Politically, Jerry O'Keefe was elected the first Alderman from Ward 2 in 1892, in the newly incorporated Ocean Springs, and served in that office for two years.  He also was a road overseer in Beat Four being in charge of Jackson Avenue from the beach to O'Keefe Corner on Porter Avenue and from O'Keefe Corner to the Illing Place.

 

In 1909, Jerry O'Keefe built a large family home behind the boarding house.  This 2 1/2 story mansion of Beaux-Arts "polite" design, Corinthian columns, and wide galleries has become a symbol of O'Keefe prosperity and financial calamity.  The Jeff Egan glass doors of 1887 were placed on the new house in 1906.  Unfortunately, the O'Keefes lost their Porter Avenue property in 1938, and the doors were removed to Biloxi.  At this time, the O'Keefes vowed to return to Ocean Springs in the future, and reclaim their ancestral property.  In late November 1987, Jeremiah J. O'Keefe III fulfilled the family prophesy when he repurchased the Porter Avenue residence and restored it to its former brilliance.(JXCO, Ms. Land Deed Bk. 71, p. 580-581)

 

In July 1910, the old wooden boarding house was sold to Samuel Backous (1855-1921), a farmer from Indiana who had recently returned to Ocean Springs from Texarkana, Texas.  Backous and his wife had sold their Texas farm, and planned to reside at Ocean Springs permanently.  In September 1907, they had purchased the NW/4, NW/4 of Section 29, T7S-R8W from E.E. Clements of Buncombe County, North Carolina.(JXCO, Ms. Land Deed Bk. 32, pp. 616-617)

 

The old boarding house was moved to the Backous place in 1910.  The upper story was removed.  It is speculated that it was transported over the shell roads of Ocean Springs using a method popular at this time:  When one wished to move a house, he called his neighbors together and organized a hauling bee or halerie.  With a dozen yoke or oxen and three wagons, they soon had the house underway with no difficulty.  First they took the beds off two wagons, and in place of the regular coupling poles they used long logs perhaps thirty feet long.  They jacked up the house then ran poles under it.  Next they chained them up to the two front pair of wheels, thus supporting the house, and it was ready to roll.  They hitched five or six yoke of oxen to each of the wagons, and away they went across the open prairie.(Post, 1974, p. )

 

The Backous family developed their twenty acre site on Old County Road (Government) into a farm, and probably utilized the boarding house as a home.  In July 1921, Samuel Backous died suddenly while working in his field.

 

The O'Keefe Boarding House is extant serving as the National Registered Home of Mrs.

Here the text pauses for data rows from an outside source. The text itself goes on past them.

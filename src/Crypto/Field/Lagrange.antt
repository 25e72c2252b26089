-- ===== src/Crypto/Field/Lagrange.antt =====
-- Lagrange interpolation at zero, as Combine of crypto/shamir.go computes it, over a field.
use genomedb.Base.{
  ℕ, ◌+◌, ◌≤◌, ◌≡◌, ◌≢◌, refl, sym, ap, ap₂, ◌∙◌, List, [], ◌∷◌, ◌++◌, length, All, arith,
  All-of_mem, All-mem, All-map, Distinct, append_assoc, subst, length-map, map, length-append,
}
use mathlib.Core.List.{Memᴰ}
use mathlib.Core.List.Memᴰ
use genomedb.Crypto.Field.{Field, field_laws, zero-of-mul, eq_of_add, add-zero, mul-zero}
use genomedb.Crypto.Field.Poly.{eval, eval_of_roots}
use genomedb.Crypto.Field.Product.{
  add_poly, scale_poly, roots_poly, eval-add_poly, length-add_poly, eval-scale_poly,
  length-scale_poly, length-roots_poly, eval-roots_poly, product, product_of_mem, product_nonzero,
}

module _ {F : Type 0} (k : Field F) where
  infixl 65 ◌⊕◌
  infixl 70 ◌⊗◌
  open k use {zero as 𝟘, one as 𝟙, ◌⊕◌, ◌⊗◌, div}

  abbrev pub Points : Type 0
  Points = List (F × F)

  abbrev pub nodes : Points → List F
  nodes = map (λ p. p.0)

  -- The term of a point, with the other nodes.
  term : List F → F → F → List F
  term others x y = scale_poly k (div y (product k others x)) (roots_poly k others)

  -- The interpolation polynomial of `ps`, zero at the nodes `ls` that were done before.
  lagrange : List F → Points → List F
  lagrange ls [] = []
  lagrange ls ((x, y) ∷ ps) = add_poly k (term (ls ++ nodes ps) x y) (lagrange (ls ++ x ∷ []) ps)

  eval-term :
      (others : List F) (x y z : F)
      → eval k (term others x y) z ≡ div y (product k others x) ⊗ product k others z
  unfolding term
  eval-term others x y z =
      eval-scale_poly k (div y (product k others x)) (roots_poly k others) z
      ∙ ap (λ t. div y (product k others x) ⊗ t) (eval-roots_poly k others z)

  term_elsewhere : (others : List F) (x y z : F) → Memᴰ z others → eval k (term others x y) z ≡ 𝟘
  term_elsewhere others x y z m =
      eval-term others x y z
      ∙ ap (λ t. div y (product k others x) ⊗ t) (product_of_mem k z others m)
      ∙ mul-zero k (div y (product k others x))

  lagrange_done : (ls : List F) (ps : Points) (z : F) → Memᴰ z ls → eval k (lagrange ls ps) z ≡ 𝟘
  unfolding lagrange eval
  lagrange_done ls [] z m = refl
  lagrange_done ls ((x, y) ∷ ps) z m =
      eval-add_poly k (term (ls ++ nodes ps) x y) (lagrange (ls ++ x ∷ []) ps) z
      ∙ ap₂ (λ s t. s ⊕ t) (term_elsewhere (ls ++ nodes ps) x y z (Memᴰ.append_left (nodes ps) m))
          (lagrange_done (ls ++ x ∷ []) ps z (Memᴰ.append_left (x ∷ []) m))
      ∙ k.zero-add 𝟘

  pub Distinct-middle :
      (ls : List F) (x : F) (ks : List F) → Distinct (ls ++ x ∷ ks) → All (λ z. z ≢ x) (ls ++ ks)
  Distinct-middle [] x ks d = d.0
  Distinct-middle (l ∷ ls) x ks d = (
    λ e. All-mem (λ z. z ≢ l) d.0 (Memᴰ.append_right ls (Memᴰ.head refl)) (sym e),
    Distinct-middle ls x ks d.1,
  )

  lagrange_here :
      (ls : List F) (x y : F) (ps : Points)
      → Distinct (ls ++ x ∷ nodes ps)
      → eval k (lagrange ls ((x, y) ∷ ps)) x ≡ y
  unfolding lagrange
  lagrange_here ls x y ps d =
      let others = ls ++ nodes ps in
      eval-add_poly k (term others x y) (lagrange (ls ++ x ∷ []) ps) x
      ∙ ap₂ (λ s t. s ⊕ t)
          (eval-term others x y x
            ∙ k.div-mul y (product k others x)
                (product_nonzero k x others (Distinct-middle ls x (nodes ps) d)))
          (lagrange_done (ls ++ x ∷ []) ps x (Memᴰ.append_right ls (Memᴰ.head refl)))
      ∙ add-zero k y

  lagrange_todo :
      (ls : List F) (ps : Points) (a b : F)
      → Distinct (ls ++ nodes ps)
      → Memᴰ (a, b) ps
      → eval k (lagrange ls ps) a ≡ b
  unfolding lagrange
  lagrange_todo ls [] a b d m = elim m [ ]
  lagrange_todo ls ((x, y) ∷ ps) a b d (Memᴰ.head e) =
      ap (λ (p : F × F). eval k (lagrange ls ((x, y) ∷ ps)) p.0) e
      ∙ lagrange_here ls x y ps d
      ∙ ap (λ (p : F × F). p.1) (sym e)
  lagrange_todo ls ((x, y) ∷ ps) a b d (Memᴰ.tail m) =
      let others = ls ++ nodes ps in
      eval-add_poly k (term others x y) (lagrange (ls ++ x ∷ []) ps) a
      ∙ ap₂ (λ s t. s ⊕ t)
          (term_elsewhere others x y a (Memᴰ.append_right ls (Memᴰ.map (λ (p : F × F). p.0) m)))
          (lagrange_todo (ls ++ x ∷ []) ps a b
            (subst (Distinct) (sym (append_assoc ls (x ∷ []) (nodes ps))) d) m)
      ∙ k.zero-add b

  length-lagrange :
      (n : ℕ) (ls : List F) (ps : Points) → length ls + length ps ≤ n → length (lagrange ls ps) ≤ n
  unfolding lagrange term
  length-lagrange n ls [] h = omega arith
  length-lagrange n ls ((x, y) ∷ ps) h =
      let others = ls ++ nodes ps in
      let size : length others ≡ length ls + length ps =
        length-append ls (nodes ps)
        ∙ ap (λ t. length ls + t) (length-map ps (λ (p : F × F). p.0)) in
      length-add_poly k n (term others x y) (lagrange (ls ++ x ∷ []) ps)
        (omega (
          arith,
          size,
          length-roots_poly k others,
          length-scale_poly k (div y (product k others x)) (roots_poly k others),
        ))
        (length-lagrange n (ls ++ x ∷ []) ps (omega (arith, length-append ls (x ∷ []))))

  -- The sum that Combine forms, with the nodes `ls` already done: each term is
  -- y * (product of the other nodes / product of their distances to this node).
  unfoldable pub at_zero : List F → Points → F
  at_zero ls [] = 𝟘
  at_zero ls ((x, y) ∷ ps) =
      let others = ls ++ nodes ps in
      y ⊗ div (product k others 𝟘) (product k others x) ⊕ at_zero (ls ++ x ∷ []) ps

  cancel : (a b d : F) → d ≢ 𝟘 → a ⊗ d ≡ b ⊗ d → a ≡ b
  cancel a b d nd e =
      eq_of_add k a b
        (zero-of-mul k (a ⊕ b) d nd (k.add-mul a b d ∙ ap (λ t. t ⊕ b ⊗ d) e ∙ k.add_self (b ⊗ d)))

  move_div : (y n d : F) → d ≢ 𝟘 → div y d ⊗ n ≡ y ⊗ div n d
  move_div y n d nd =
      let l : (div y d ⊗ n) ⊗ d ≡ n ⊗ (div y d ⊗ d) = simp field_laws in
      let r : y ⊗ (div n d ⊗ d) ≡ (y ⊗ div n d) ⊗ d = simp field_laws in
      cancel (div y d ⊗ n) (y ⊗ div n d) d nd (
        l
        ∙ ap (λ t. n ⊗ t) (k.div-mul y d nd)
        ∙ k.mul_comm n y
        ∙ ap (λ t. y ⊗ t) (sym (k.div-mul n d nd))
        ∙ r)

  eval-lagrange_zero :
      (ls : List F) (ps : Points)
      → Distinct (ls ++ nodes ps)
      → eval k (lagrange ls ps) 𝟘 ≡ at_zero ls ps
  unfolding lagrange at_zero eval
  eval-lagrange_zero ls [] d = refl
  eval-lagrange_zero ls ((x, y) ∷ ps) d =
      let others = ls ++ nodes ps in
      eval-add_poly k (term others x y) (lagrange (ls ++ x ∷ []) ps) 𝟘
      ∙ ap₂ (λ s t. s ⊕ t)
          (eval-term others x y 𝟘
            ∙ move_div y (product k others 𝟘) (product k others x)
                (product_nonzero k x others (Distinct-middle ls x (nodes ps) d)))
          (eval-lagrange_zero (ls ++ x ∷ []) ps
            (subst (Distinct) (sym (append_assoc ls (x ∷ []) (nodes ps))) d))

  -- Points on a polynomial with no more coefficients than points give its value at zero.
  pub at_zero_lem :
      (cs : List F) (ps : Points)
      → length cs ≤ length ps
      → Distinct (nodes ps)
      → All (λ (p : F × F). p.1 ≡ eval k cs p.0) ps
      → at_zero [] ps ≡ eval k cs 𝟘
  at_zero_lem cs ps len d on =
      let diff = add_poly k cs (lagrange [] ps) in
      let root = λ (p : F × F) (m : Memᴰ p ps).
        eval-add_poly k cs (lagrange [] ps) p.0
        ∙ ap₂ (λ s t. s ⊕ t) (sym (All-mem (λ (p : F × F). p.1 ≡ eval k cs p.0) on m))
            (lagrange_todo [] ps p.0 p.1 d m)
        ∙ k.add_self p.1 in
      let vanishes : eval k diff 𝟘 ≡ 𝟘 =
        eval_of_roots k diff (nodes ps)
          (omega (
            arith,
            length-map ps (λ (p : F × F). p.0),
            length-add_poly k (length ps) cs (lagrange [] ps) len
                (length-lagrange (length ps) [] ps (omega arith)),
          ))
          d (All-map (λ z. eval k diff z ≡ 𝟘) (λ (p : F × F). p.0) ps (All-of_mem ps root)) 𝟘 in
      sym (
        eq_of_add k (eval k cs 𝟘) (at_zero [] ps) (
          ap (λ t. eval k cs 𝟘 ⊕ t) (sym (eval-lagrange_zero [] ps d))
          ∙ sym (eval-add_poly k cs (lagrange [] ps) 𝟘)
          ∙ vanishes))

Alvah E. Clark at 2122 Government. 

 

REFERENCES:

Regina Hines, Ocean Springs 1892, (2nd Edition), Lewis Printing Services:  Pascagoula-1991), pp. 67, 69, and 82.

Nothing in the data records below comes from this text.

-- ===== src/Crypto/Shamir/Terms.antt =====
-- The inner loops of Combine of crypto/shamir.go form the sum of Lagrange interpolation.
use genomedb.Base.{
  ℕ, ◌+◌, ◌<◌, ◌≤◌, ◌≡◌, ◌≢◌, refl, sym, ap, ap₂, subst, ◌∙◌, ◌⊎◌, false, some, List, [], ◌∷◌, ◌++◌,
  map, bit_xor, arith, inl, inr, ==_iff, ◌==◌, length, length-map, length-append, get_or, Distinct,
  if◌then◌else◌, append_assoc,
}
use mathlib.Core.List.{map-append}
use genomedb.Crypto.Gf256.{gf_mul, gf_div}
use genomedb.Crypto.Field.{Field, mul-zero, add-zero}
use genomedb.Crypto.Field.Poly.{eval}
use genomedb.Crypto.Field.Lagrange.{nodes, Distinct-middle, at_zero}
use genomedb.Crypto.Field.Product.{
  product, product_nonzero, product_step, product_step_zero, product-nil, product-append,
}
use genomedb.Crypto.Shamir.{Share, eval_poly, fraction, sum_terms}
use genomedb.Crypto.Shamir.Elements.{Element, val, element_path, bytes_field, gf_div_total}

abbrev pub k : Field Element
k = bytes_field

infixl 65 ◌⊕◌
infixl 70 ◌⊗◌
open k use {zero as 𝟘, one as 𝟙, ◌⊕◌, ◌⊗◌}

-- Horner's rule of the code is the value of the polynomial.
pub eval_poly-eval :
    (cs : List Element) (x : Element) → eval_poly (map val cs) (val x) ≡ val (eval bytes_field cs x)
unfolding eval_poly eval bytes_field
eval_poly-eval [] x = refl
eval_poly-eval (c ∷ []) x = ap val (sym (add-zero k c) ∙ ap (λ t. c ⊕ t) (sym (mul-zero k x)))
eval_poly-eval (c ∷ d ∷ cs) x =
    ap (λ t. bit_xor (gf_mul t (val x)) (val c)) (eval_poly-eval (d ∷ cs) x)
    ∙ ap val
        (k.add_comm (eval k (d ∷ cs) x ⊗ x) c ∙ ap (λ t. c ⊕ t) (k.mul_comm (eval k (d ∷ cs) x) x))

fraction_step :
    (i xi j z : ℕ) (zs : List ℕ) (n d : ℕ)
    → (i == j) ≡ false
    → fraction i xi j (z ∷ zs) n d ≡ fraction i xi (j + 1) zs (gf_mul n z) (gf_mul d (bit_xor xi z))
unfolding fraction
fraction_step i xi j z zs n d other = rw (fraction, other)

fraction_skip :
    (i xi z : ℕ) (zs : List ℕ) (n d : ℕ)
    → fraction i xi i (z ∷ zs) n d ≡ fraction i xi (i + 1) zs n d
unfolding fraction
fraction_skip i xi z zs n d = rw (fraction, (==_iff i i).1 refl)

-- Away from the skipped index, the inner loop multiplies up all that it reads.
fraction_away :
    (i j : ℕ) (x : Element) (zs : List Element) (n d : Element)
    → (i < j) ⊎ (j + length zs ≤ i)
    → fraction i (val x) j (map val zs) (val n) (val d)
      ≡ (val (n ⊗ product k zs 𝟘), val (d ⊗ product k zs x))
unfolding fraction bytes_field
fraction_away i j x [] n d h =
    ap₂ (λ s t. (s, t)) (ap val (product-nil k n 𝟘)) (ap val (product-nil k d x))
fraction_away i j x (z ∷ zs) n d h =
    fraction_step i (val x) j (val z) (map val zs) (val n) (val d) (ground arith)
    ∙ fraction_away i (j + 1) x zs (n ⊗ z) (d ⊗ (x ⊕ z)) (ground arith)
    ∙ ap₂ (λ s t. (s, t)) (ap val (product_step_zero k n z zs)) (ap val (product_step k d x z zs))

fraction-append :
    (i xi j : ℕ) (xs ys : List ℕ) (n d : ℕ)
    → fraction i xi j (xs ++ ys) n d
      ≡ (let (n', d') = fraction i xi j xs n d in fraction i xi (j + length xs) ys n' d')
unfolding fraction
fraction-append i xi j [] ys n d = ap (λ t. fraction i xi t ys n d) (omega arith)
fraction-append i xi j (x ∷ xs) ys n d =
    let n' = if i == j then n else gf_mul n x in
    let d' = if i == j then d else gf_mul d (bit_xor xi x) in
    let (n'', d'') = fraction i xi (j + 1) xs n' d' in
    fraction-append i xi (j + 1) xs ys n' d' ∙ ap (λ t. fraction i xi t ys n'' d'') (omega arith)

-- At the node after `ls`, the inner loop yields the products over all other nodes.
fraction_node :
    (ls : List Element) (x : Element) (rs : List Element)
    → fraction (length ls) (val x) 0 (map val (ls ++ x ∷ rs)) 1 1
      ≡ (val (product k (ls ++ rs) 𝟘), val (product k (ls ++ rs) x))
unfolding bytes_field
fraction_node ls x rs =
    let i = length ls in
    let n = 𝟙 ⊗ product k ls 𝟘 in
    let d = 𝟙 ⊗ product k ls x in
    ap (λ t. fraction i (val x) 0 t 1 1) (map-append val ls (x ∷ rs))
    ∙ fraction-append i (val x) 0 (map val ls) (map val (x ∷ rs)) 1 1
    ∙ ap (λ (p : ℕ × ℕ). fraction i (val x) (0 + length (map val ls)) (map val (x ∷ rs)) p.0 p.1)
        (fraction_away i 0 x ls 𝟙 𝟙 (inr (omega arith)))
    ∙ ap (λ t. fraction i (val x) t (map val (x ∷ rs)) (val n) (val d))
        (omega (arith, length-map ls val))
    ∙ fraction_skip i (val x) (val x) (map val rs) (val n) (val d)
    ∙ fraction_away i (i + 1) x rs n d (inl (omega arith))
    ∙ ap₂ (λ s t. (s, t)) (ap val (joined 𝟘)) (ap val (joined x))
  where
    joined : (y : Element) → 𝟙 ⊗ product k ls y ⊗ product k rs y ≡ product k (ls ++ rs) y
    joined y = product-append k ls rs 𝟙 y ∙ k.one-mul (product k (ls ++ rs) y)

div_ok : (a b : Element) → b ≢ 𝟘 → gf_div (val a) (val b) ≡ some (val (k.div a b))
unfolding bytes_field
div_ok a b nb = (gf_div_total (val a) (val b) a.1 b.1 (λ e. nb (element_path b 𝟘 e))).0

accumulate :
    (acc y q : Element) (n : ℕ)
    → n ≡ val y
    → bit_xor (val acc) (gf_mul n (val q)) ≡ val (acc ⊕ y ⊗ q)
unfolding bytes_field
accumulate acc y q n e = ap (λ t. bit_xor (val acc) (gf_mul t (val q))) e

sum_terms_step :
    (byte_idx : ℕ) (xs : List ℕ) (i x num den q : ℕ) (s : Share) (shares : List Share) (acc : ℕ)
    → get_or xs i 0 ≡ x
    → fraction i x 0 xs 1 1 ≡ (num, den)
    → gf_div num den ≡ some q
    → sum_terms byte_idx xs i (s ∷ shares) acc
      ≡ sum_terms byte_idx xs (i + 1) shares (bit_xor acc (gf_mul (get_or s (byte_idx + 1) 0) q))
unfolding sum_terms
sum_terms_step byte_idx xs i x num den q s shares acc ex ef eq = rw (sum_terms, ex, ef, eq)

get_or-node :
    (ls : List Element) (x : Element) (rs : List Element)
    → get_or (map val (ls ++ x ∷ rs)) (length ls) 0 ≡ val x
get_or-node [] x rs = refl
get_or-node (l ∷ ls) x rs = get_or-node ls x rs

module _ (y : Element → Element) where
  abbrev pub points : List Element → List (Element × Element)
  points = map (λ x. (x, y x))

  pub nodes-points : (ns : List Element) → nodes k (points ns) ≡ ns
  nodes-points [] = refl
  nodes-points (x ∷ ns) = ap (λ t. x ∷ t) (nodes-points ns)

  at_zero-cons :
      (ls : List Element) (x : Element) (ns : List Element)
      → at_zero k ls (points (x ∷ ns))
        ≡ y x ⊗ k.div (product k (ls ++ ns) 𝟘) (product k (ls ++ ns) x)
          ⊕ at_zero k (ls ++ x ∷ []) (points ns)
  unfolding at_zero
  at_zero-cons ls x ns =
      ap
        (λ os.
          y x ⊗ k.div (product k (ls ++ os) 𝟘) (product k (ls ++ os) x)
          ⊕ at_zero k (ls ++ x ∷ []) (points ns))
        (nodes-points ns)

module _ (byte_idx : ℕ) (share : Element → Share) (y : Element → Element) where
  -- The loop over i goes on from the nodes `ls` as the interpolation does.
  pub sum_terms_lem :
      ((x : Element) → get_or (share x) (byte_idx + 1) 0 ≡ val (y x))
      → (ls ns : List Element) (acc : Element) → Distinct (ls ++ ns)
      → sum_terms byte_idx (map val (ls ++ ns)) (length ls) (map share ns) (val acc)
        ≡ some (val (acc ⊕ at_zero k ls (points y ns)))
  unfolding sum_terms at_zero
  sum_terms_lem reads ls [] acc d = ap (λ t. some (val t)) (sym (add-zero k acc))
  sum_terms_lem reads ls (x ∷ ns) acc d =
      let num = product k (ls ++ ns) 𝟘 in
      let den = product k (ls ++ ns) x in
      let xs = map val (ls ++ x ∷ ns) in
      let acc' = acc ⊕ y x ⊗ k.div num den in
      let d' = subst (Distinct) (sym (append_assoc ls (x ∷ []) ns)) d in
      sum_terms_step byte_idx xs (length ls) (val x) (val num) (val den) (val (k.div num den))
        (share x) (map share ns) (val acc) (get_or-node ls x ns) (fraction_node ls x ns)
        (div_ok num den (product_nonzero k x (ls ++ ns) (Distinct-middle k ls x ns d)))
      ∙ ap (λ t. sum_terms byte_idx xs (length ls + 1) (map share ns) t)
          (accumulate acc (y x) (k.div num den) (get_or (share x) (byte_idx + 1) 0) (reads x))
      ∙ ap₂ (λ (zs : List Element) n. sum_terms byte_idx (map val zs) n (map share ns) (val acc'))
          (sym (append_assoc ls (x ∷ []) ns)) (omega (arith, length-append ls (x ∷ [])))
      ∙ sum_terms_lem reads (ls ++ x ∷ []) ns acc' d'
      ∙ ap (λ t. some (val t))
          (k.add_assoc acc (y x ⊗ k.div num den) (at_zero k (ls ++ x ∷ []) (points y ns))
            ∙ ap (λ t. acc ⊕ t) (sym (at_zero-cons y ls x ns)))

Lauren C. Post, Cajun Sketches, (Louisiana State University Press: Baton Rouge-1974),

Bradford-O'Keefe Funeral Home Brochure, pp. 1-2.

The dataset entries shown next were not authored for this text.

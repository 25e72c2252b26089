-- ===== src/Crypto/Shamir/Combine.antt =====
-- Combine of crypto/shamir.go computes Lagrange interpolation at zero in the field of bytes.
use genomedb.Base.{
  ℕ, suc, ◌+◌, ◌≤◌, ◌≡◌, ◌≢◌, refl, sym, ap, ap₂, subst, ◌∙◌, false, some, List, [], ◌∷◌, ◌++◌, map,
  arith, Bytes, length, length-map, length-append, get_or, ltb, leb, ◌-◌, All, All-map, Distinct,
  All-of_mem, All-left, append_assoc, append-nil, ok,
}
use mathlib.Core.List.{map-append}
use native.Mathlib.Numerals.{add-one}
use genomedb.Crypto.Field.{Field}
use genomedb.Crypto.Field.Poly.{eval}
use genomedb.Crypto.Field.Lagrange.{Distinct-middle, at_zero, at_zero_lem}
use genomedb.Crypto.Shamir.{Share, sum_terms, recover, validate, contains, combine}
use genomedb.Crypto.Shamir.Elements.{Element, val, element_path, bytes_field}
use genomedb.Crypto.Shamir.Terms.{points, nodes-points, sum_terms_lem}

abbrev k : Field Element
k = bytes_field

infixl 65 ◌⊕◌
infixl 70 ◌⊗◌
open k use {zero as 𝟘, one as 𝟙, ◌⊕◌, ◌⊗◌}

-- The share at node `x` of the polynomials `polys`, one for each byte of the secret.
unfoldable pub share_at : List (List Element) → Element → Share
share_at polys x = val x ∷ map (λ cs. val (eval bytes_field cs x)) polys

get_or-middle :
    {A : Type 0} (f : A → ℕ) (left : List A) (a : A) (right : List A)
    → get_or (map f (left ++ a ∷ right)) (length left) 0 ≡ f a
get_or-middle f [] a right = refl
get_or-middle f (l ∷ left) a right = get_or-middle f left a right

read-share_at :
    (left : List (List Element)) (cs : List Element) (right : List (List Element)) (x : Element)
    → get_or (share_at (left ++ cs ∷ right) x) (length left + 1) 0 ≡ val (eval k cs x)
unfolding share_at
read-share_at left cs right x =
    ap (λ i. get_or (share_at (left ++ cs ∷ right) x) i 0) (add-one (length left))
    ∙ get_or-middle (λ cs. val (eval k cs x)) left cs right

recover_step :
    (n byte_idx : ℕ) (xs : List ℕ) (shares : List Share) (b : ℕ) (secret : Bytes)
    → sum_terms byte_idx xs 0 shares 0 ≡ some b
    → recover n (byte_idx + 1) xs shares ≡ ok secret
    → recover (suc n) byte_idx xs shares ≡ ok (b ∷ secret)
unfolding recover
recover_step n byte_idx xs shares b secret e1 e2 = rw (recover, e1, e2)

unfoldable pub secret_byte : List Element → ℕ
secret_byte cs = val (eval bytes_field cs (bytes_field.zero))

-- One byte of the secret is the value at zero of its polynomial.
sum_terms-eval :
    (left : List (List Element)) (cs : List Element) (right : List (List Element))
    (ns : List Element)
    → Distinct ns
    → length cs ≤ length ns
    → sum_terms (length left) (map val ns) 0 (map (share_at (left ++ cs ∷ right)) ns) 0
      ≡ some (secret_byte cs)
unfolding secret_byte bytes_field
sum_terms-eval left cs right ns d h =
    let y = λ (x : Element). eval k cs x in
    let on : All (λ (p : Element × Element). p.1 ≡ eval k cs p.0) (points y ns) =
      All-map (λ (p : Element × Element). p.1 ≡ eval k cs p.0) (λ x. (x, y x)) ns
        (All-of_mem ns (λ x _. refl)) in
    sum_terms_lem (length left) (share_at (left ++ cs ∷ right)) y (read-share_at left cs right) []
      ns 𝟘 d
    ∙ ap (λ t. some (val t))
        (k.zero-add (at_zero k [] (points y ns))
          ∙ at_zero_lem k cs (points y ns)
              (omega (arith, length-map {B = Element × Element} ns (λ x. (x, y x))))
              (subst (Distinct) (sym (nodes-points y ns)) d) on)

-- The loop over the bytes yields the values at zero.
recover_lem :
    (left right : List (List Element)) (ns : List Element)
    → Distinct ns
    → All (λ cs. length cs ≤ length ns) right
    → recover (length right) (length left) (map val ns) (map (share_at (left ++ right)) ns)
      ≡ ok (map secret_byte right)
unfolding recover
recover_lem left [] ns d h = refl
recover_lem left (cs ∷ right) ns d h =
    let shares = map (share_at (left ++ cs ∷ right)) ns in
    let next : recover (length right) (length left + 1) (map val ns) shares
        ≡ ok (map secret_byte right) =
      ap₂
        (λ n (ps : List (List Element)).
          recover (length right) n (map val ns) (map (share_at ps) ns))
        (omega (arith, length-append left (cs ∷ []))) (sym (append_assoc left (cs ∷ []) right))
      ∙ recover_lem (left ++ cs ∷ []) right ns d h.1 in
    recover_step (length right) (length left) (map val ns) shares (secret_byte cs)
      (map secret_byte right) (sum_terms-eval left cs right ns d h.0) next

not_contained :
    (x : Element) (ls : List Element) → All (λ z. z ≢ x) ls → contains (val x) (map val ls) ≡ false
unfolding contains
not_contained x [] h = refl
not_contained x (z ∷ ls) h =
    let differs : val z ≢ val x = λ e. h.0 (element_path z x e) in
    ground (arith, not_contained x ls h.1)

validate_step :
    (len : ℕ) (xs : List ℕ) (s : Share) (shares : List Share) (x : ℕ)
    → get_or s 0 0 ≡ x
    → length s ≡ len + 1
    → x ≢ 0
    → contains x xs ≡ false
    → validate len xs (s ∷ shares) ≡ validate len (xs ++ x ∷ []) shares
unfolding validate
validate_step len xs s shares x ex el nz fresh = rw (ex, el, fresh) (ground arith)

validate_lem :
    (polys : List (List Element)) (ls ns : List Element)
    → Distinct (ls ++ ns)
    → All (λ (x : Element). val x ≢ 0) ns
    → validate (length polys) (map val ls) (map (share_at polys) ns) ≡ ok (map val (ls ++ ns))
unfolding validate
validate_lem polys ls [] d nz = ap (λ (t : List Element). ok (map val t)) (sym (append-nil ls))
validate_lem polys ls (x ∷ ns) d nz =
    validate_step (length polys) (map val ls) (share_at polys x) (map (share_at polys) ns) (val x)
      (unfold share_at in refl)
      (unfold share_at in
        omega (arith, length-map polys (λ (cs : List Element). val (eval k cs x))))
      nz.0 (not_contained x ls (All-left (λ z. z ≢ x) ls ns (Distinct-middle k ls x ns d)))
    ∙ ap (λ t. validate (length polys) t (map (share_at polys) ns))
        (sym (map-append val ls (x ∷ [])))
    ∙ validate_lem polys (ls ++ x ∷ []) ns (subst (Distinct) (sym (append_assoc ls (x ∷ []) ns)) d)
        nz.1
    ∙ ap (λ (t : List Element). ok (map val t)) (append_assoc ls (x ∷ []) ns)

combine_accepts :
    (shares : List Share) (xs : List ℕ) (secret : Bytes)
    → let len = length (get_or shares 0 []) - 1 in
      2 ≤ length shares
      → 1 ≤ len
      → validate len [] shares ≡ ok xs
      → recover len 0 xs shares ≡ ok secret
      → combine shares ≡ ok secret
unfolding combine
combine_accepts shares xs secret two pos valid recovered =
    let enough : ltb (length shares) 2 ≡ false = ground arith in
    let proper : leb (length (get_or shares 0 [])) 1 ≡ false = ground arith in
    rw (combine, enough, proper, valid, recovered)

combine_step :
    (shares : List Share) (len : ℕ) (xs : List ℕ) (secret : Bytes)
    → 2 ≤ length shares
    → 1 ≤ len
    → length (get_or shares 0 []) ≡ len + 1
    → validate len [] shares ≡ ok xs
    → recover len 0 xs shares ≡ ok secret
    → combine shares ≡ ok secret
combine_step shares len xs secret two pos first valid recovered =
    let less : len ≡ length (get_or shares 0 []) - 1 = omega arith in
    combine_accepts shares xs secret two (omega arith)
      (subst (λ n. validate n [] shares ≡ ok xs) less valid)
      (subst (λ n. recover n 0 xs shares ≡ ok secret) less recovered)

-- Shares of the same polynomials at distinct nodes, as many as the coefficients, give the secret.
pub combine_lem :
    (polys : List (List Element)) (ns : List Element)
    → 1 ≤ length polys
    → 2 ≤ length ns
    → Distinct ns
    → All (λ (x : Element). val x ≢ 0) ns
    → All (λ (cs : List Element). length cs ≤ length ns) polys
    → combine (map (share_at polys) ns) ≡ ok (map secret_byte polys)
combine_lem polys [] some_bytes two d nz deg = absurd (omega arith)
combine_lem polys (x ∷ ns) some_bytes two d nz deg =
    combine_step (map (share_at polys) (x ∷ ns)) (length polys) (map val (x ∷ ns))
      (map secret_byte polys) (omega (arith, length-map ns (share_at polys))) some_bytes
      (unfold share_at in
        omega (arith, length-map polys (λ (cs : List Element). val (eval k cs x))))
      (validate_lem polys [] (x ∷ ns) d nz) (recover_lem [] polys (x ∷ ns) d deg)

The History of Jackson County, Mississippi, "O'Keefe", (Jackson County Genealogical Society:  Pascagoula-1989), pp.

300-301.

The Jackson County Times"Local and Personal", July 23, 1921.

The Pascagoula Democrat-Star“Ocean Springs Items”, February 4, 1881.

The Pascagoula Democrat-Star, September 20, 1895.

The Pascagoula Democrat-Star, August 14, 1896, p. 3.

The Ocean Springs News"Local News", March 19, 1910.

The Ocean Springs News"Local News", July 23, 1910.